The fire crew wrapped up Col like a very large papoose for the journey down the tree. His leg was aching, his back screaming with pain where the dragon’s tail had caught him, and the rest of him was a network of minor injuries, but he didn’t care. All he cared about was Skylark, last seen tumbling through the trees not far from the clearing where they had taken off. As soon as he bumped to the ground, he looked frantically around for his father and spotted him in the company of a stern-faced policeman.

“Dad,” Col shouted, “Dad!”

The crowd fell back, allowing Mack to reach his son’s stretcher. He knelt down beside him and took Col’s hand.

“It’s all right, son,” Mack said loudly. Then, quieter,
he added, “No need to worry—I’ve called off our forces—just in time, too. The dragons were about to set off. I had some difficulty though; my guard here was very suspicious—thought I was talking to some eco-warrior reinforcements or something.”

Col was only half-listening to him, desperate to get an answer to the only question in which he was interested. “But Skylark? How is he?”

“I don’t know, Col,” Mack said with a shake of his head. “Captain Graves and some volunteers are leaving now to search the wood for both him and Argand. I’d go myself but apparently I’m under arrest.” He grimaced. “They seem to think I put you and Connie up to climbing that tree. Your gran’s on her way to the hospital—she’ll meet you there.”

The paramedics ushered Mack back and picked up the stretcher. Col felt his frustration building. He could not bear to be carried away like this not knowing. Skylark could be lying injured somewhere close-by. He might even be dying. He could be dead already.

“Col! Col! It’s me, Rat!” The familiar sharp face bobbed up by the side of the stretcher. “I’ve come to tell you that I’ve got something of yours. Don’t worry, I’ll look after it for you!”

“What?” Col asked in confusion as Rat was pushed back by a policeman. “What’ve you got?”

“I’ve got your—” But the doors of the ambulance were slammed shut, and Col did not hear the answer.

Mrs. Clamworthy wheeled Col out of hospital later that day to the waiting taxi. He had spent many hours in the emergency room having his right leg encased in plaster from the ankle to the thigh, the cut on his back dressed, and his other injuries cleaned up.

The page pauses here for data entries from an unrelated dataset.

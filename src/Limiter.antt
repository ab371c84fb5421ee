-- ===== src/Limiter.antt =====
-- The limiter: internal/limiter, its interface, the three Lua scripts, and redis.go.
pub mod Store
pub mod SlidingWindow
pub mod FixedWindow
pub mod TokenBucket
pub mod Redis
pub mod Memory
use ratelimit_gateway.Base.{ℕ}

-- The four numbers that each script returns; none is negative.
pub record Reply : Type 0 where
  pub allowed : ℕ
  pub remaining : ℕ
  pub retry_after_ms : ℕ
  pub reset_after_ms : ℕ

The nurse who dealt with his back marveled over the extent of his injuries.

“You tell me you didn’t fall?” she said doubtfully as she dabbed his wound with disinfectant. “But this is the strangest cut I’ve seen in a long time—all lacerated as if you’ve been hit by a saw. And your costume—completely shredded! Very strange.”

“Yeah, weird,” agreed Col, deciding that blank incomprehension was his best defense.

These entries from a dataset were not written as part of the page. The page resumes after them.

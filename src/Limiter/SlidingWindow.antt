-- ===== src/Limiter/SlidingWindow.antt =====
-- internal/limiter/scripts/sliding_window.lua. Times are whole milliseconds, so `math.ceil` changes
-- nothing.
pub mod Log
pub mod Room
pub mod Invariant
pub mod Refinement
pub mod Retry
pub mod Isolation
use ratelimit_gateway.Base.{
  ℕ, ◌+◌, ◌-◌, ◌≡◌, String, Option, none, some, List, [], ◌∷◌, if◌then◌else◌, ltb, ◌==◌,
}
use ratelimit_gateway.Limiter.{Reply}
use ratelimit_gateway.Limiter.Store.{SortedSets}

-- `now_ms - window_ms`, and `none` when it is negative.
abbrev pub cutoff_of : ℕ → ℕ → Option ℕ
cutoff_of now window = if ltb now window then none else some (now - window)

-- `oldest[2]` is nil for an empty set.
abbrev pub reset_of : ℕ → ℕ → Option ℕ → ℕ
reset_of now window none = 0
reset_of now window (some oldest) = oldest + window - now

module _ {ℓ} {S : Type ℓ} ⦃sets : SortedSets S⦄ where
  open sets use {zremrangebyscore, zcard, zadd, zrange_first, pexpire}

  -- The entry of an admitted request is added.
  abbrev pub admit : String → ℕ → ℕ → String → ℕ → S → S
  admit key now limit member counted s = if ltb counted limit then zadd key now member now s else s

  unfoldable pub sliding_window : String → ℕ → ℕ → ℕ → String → S → Reply × S
  sliding_window key now window limit member s =
      let trimmed = zremrangebyscore key (cutoff_of now window) now s in
      let counted = zcard key now trimmed in
      let allowed = if ltb counted limit then 1 else 0 in
      let count = if ltb counted limit then counted + 1 else counted in
      let changed = admit key now limit member counted trimmed in
      let reset_after = reset_of now window (zrange_first key now changed) in
      (
        record {
          allowed = allowed;
          remaining = limit - count;
          retry_after_ms = if allowed == 0 then reset_after else 0;
          reset_after_ms = reset_after;
        },
        pexpire key (window + 1000) now changed,
      )

  -- The answers to requests of one caller, by their times and members.
  unfoldable pub replies : String → ℕ → ℕ → List (ℕ × String) → S → List Reply
  replies key window limit [] s = []
  replies key window limit (c ∷ cs) s =
      let (reply, after) = sliding_window key c.0 window limit c.1 s in
      reply ∷ replies key window limit cs after

  -- The store after such requests.
  unfoldable pub store_after : String → ℕ → ℕ → List (ℕ × String) → S → S
  store_after key window limit [] s = s
  store_after key window limit (c ∷ cs) s =
      store_after key window limit cs (sliding_window key c.0 window limit c.1 s).1
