-- ===== src/Limiter/SlidingWindow/Log.antt =====
-- What internal/limiter/scripts/sliding_window.lua promises, without a store: the log of the
-- admitted times decides.
use mathlib.Core.List.{append-nil, append_assoc}
use ratelimit_gateway.Base.{
  ℕ, ◌+◌, ◌≤◌, ◌<◌, ◌≡◌, Bool, true, ◌&&◌, List, [], ◌∷◌, ◌++◌, if◌then◌else◌, ltb, leb, sym, ◌∙◌,
  count, count-append, count-le, All, All-append, Bool-cases, inl, inr, arith, ltb→lt, All-each,
}

-- An admitted request still counts.
abbrev pub is_live : ℕ → ℕ → ℕ → Bool
is_live window now a = ltb now (a + window)

abbrev pub has_room : ℕ → ℕ → List ℕ → ℕ → Bool
has_room window limit log now = ltb (count (is_live window now) log) limit

abbrev pub extend : ℕ → ℕ → List ℕ → ℕ → List ℕ
extend window limit log now = if has_room window limit log now then log ++ now ∷ [] else log

-- The decisions on requests at these times, and the log after them.
abbrev pub decisions : ℕ → ℕ → List ℕ → List ℕ → List Bool
decisions window limit log [] = []
decisions window limit log (t ∷ ts) =
    has_room window limit log t ∷ decisions window limit (extend window limit log t) ts

abbrev pub log_after : ℕ → ℕ → List ℕ → List ℕ → List ℕ
log_after window limit log [] = log
log_after window limit log (t ∷ ts) = log_after window limit (extend window limit log t) ts

-- The times do not fall, from a time on.
abbrev pub IsAscending : ℕ → List ℕ → Type 0
IsAscending last [] = Unit
IsAscending last (t ∷ ts) = (last ≤ t) × IsAscending t ts

-- A time within a window's length from a start.
abbrev pub is_within : ℕ → ℕ → ℕ → Bool
is_within window start a = leb start a && ltb a (start + window)

abbrev pub IsBounded : ℕ → ℕ → List ℕ → Type 0
IsBounded window limit log = (start : ℕ) → count (is_within window start) log ≤ limit

-- What counts in a window that has begun and not ended is still live.
within-live :
    (window start now a : ℕ)
    → now < start + window
    → is_within window start a ≡ true
    → is_live window now a ≡ true
within-live window start now a h within = ground arith

count_within-room :
    (window limit start now : ℕ) (log : List ℕ)
    → now < start + window
    → has_room window limit log now ≡ true
    → count (is_within window start) log < limit
count_within-room window limit start now log h room =
    let fewer = count-le (is_within window start) (is_live window now) log (
      All-each (λ a. is_within window start a ≡ true → is_live window now a ≡ true)
        (λ a. within-live window start now a h) log) in
    let bound = ltb→lt _ _ room in omega arith

extend-IsBounded :
    (window limit : ℕ) (log : List ℕ) (now : ℕ)
    → IsBounded window limit log
    → IsBounded window limit (extend window limit log now)
extend-IsBounded window limit log now h start = elim (Bool-cases (has_room window limit log now)) [
  | inr full ↦ rw full (h start)
  | inl room ↦ rw room (
      rw (count-append (is_within window start) log (now ∷ []))
        (elim (Bool-cases (is_within window start now)) [
          | inl within ↦ rw within (
              let early : now < start + window = ground arith in
              let fewer = count_within-room window limit start now log early room in omega arith)
          | inr outside ↦ rw outside (let fewer = h start in omega arith)
        ]))
]

pub log_after-IsBounded :
    (window limit : ℕ) (ts log : List ℕ)
    → IsBounded window limit log
    → IsBounded window limit (log_after window limit log ts)
log_after-IsBounded window limit [] log h = h
log_after-IsBounded window limit (t ∷ ts) log h =
    log_after-IsBounded window limit ts (extend window limit log t)
      (extend-IsBounded window limit log t h)

pub extend_past :
    (window limit : ℕ) (log : List ℕ) (now : ℕ)
    → All (λ a. a ≤ now) log
    → All (λ a. a ≤ now) (extend window limit log now)
extend_past window limit log now past = elim (Bool-cases (has_room window limit log now)) [
  | inl room ↦ rw room (All-append (λ a. a ≤ now) log (now ∷ []) past (omega arith, tt))
  | inr full ↦ rw full past
]

-- In any stretch of time as long as the window, wherever it begins, no more requests are admitted
-- than the limit.
pub log_after-bound :
    (window limit start : ℕ) (ts : List ℕ)
    → count (is_within window start) (log_after window limit [] ts) ≤ limit
log_after-bound window limit start ts =
    log_after-IsBounded window limit ts [] (λ begin. omega arith) start

-- Of these times those that were decided with `true`.
abbrev pub admitted : List ℕ → List Bool → List ℕ
admitted [] bs = []
admitted (t ∷ ts) [] = []
admitted (t ∷ ts) (b ∷ bs) = let rest = admitted ts bs in if b then t ∷ rest else rest

pub admitted-decisions :
    (window limit : ℕ) (log ts : List ℕ)
    → log ++ admitted ts (decisions window limit log ts) ≡ log_after window limit log ts
admitted-decisions window limit log [] = append-nil log
admitted-decisions window limit log (t ∷ ts) = elim (Bool-cases (has_room window limit log t)) [
  | inl room ↦ rw room (
      sym (append_assoc log (t ∷ []) (admitted ts (decisions window limit (log ++ t ∷ []) ts)))
      ∙ admitted-decisions window limit (log ++ t ∷ []) ts)
  | inr full ↦ rw full (admitted-decisions window limit log ts)
]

Mrs. Clamworthy helped Col slide into the back of the taxi.

“Right, home and bed for you, young man,” she said firmly.

“No way. Not till I find out what’s happened to Skylark.”

“But there’s no word of him, Col dear, as I told you,” Mrs. Clamworthy said in a low voice, glancing nervously over at the driver.

“Then we’re going back to the wood. I’m not giving up just because I’ve taken a bit of a battering.”

“A bit of a battering!” Mrs. Clamworthy exclaimed, forgetting to keep her voice down in her indignation. “You’ve got a broken leg and stitches in your back. You’re lucky to be alive.”

“But I
am
alive, and I have to find out if Skylark is, too.”

Mrs. Clamworthy sighed. She could not in all honesty say she would not have been demanding the same thing if it had been her companion at risk.

“All right, Col, but only for an hour—no more. Then it’s—”

“Yes, I know: home and bed.”

The picnic spot was quiet when the taxi turned in, as the festival was now in full swing and everyone had gone to listen to the bands on the main stage. Col could hear the music booming from the speaker system. Lights arced in the sky, dancing on the clouds.

“What exactly do you think you’re going to do?” his grandmother asked him in an exasperated tone as Col began to hobble on his crutches over to Rat’s bus. “Too much of that and you’ll split your stitches!”

Col knocked on the door with a crutch but there was no reply except a torrent of furious barking from Wolf.

“I’m going to the clearing,” he told his grandmother, swinging himself around. “It’s where he fell.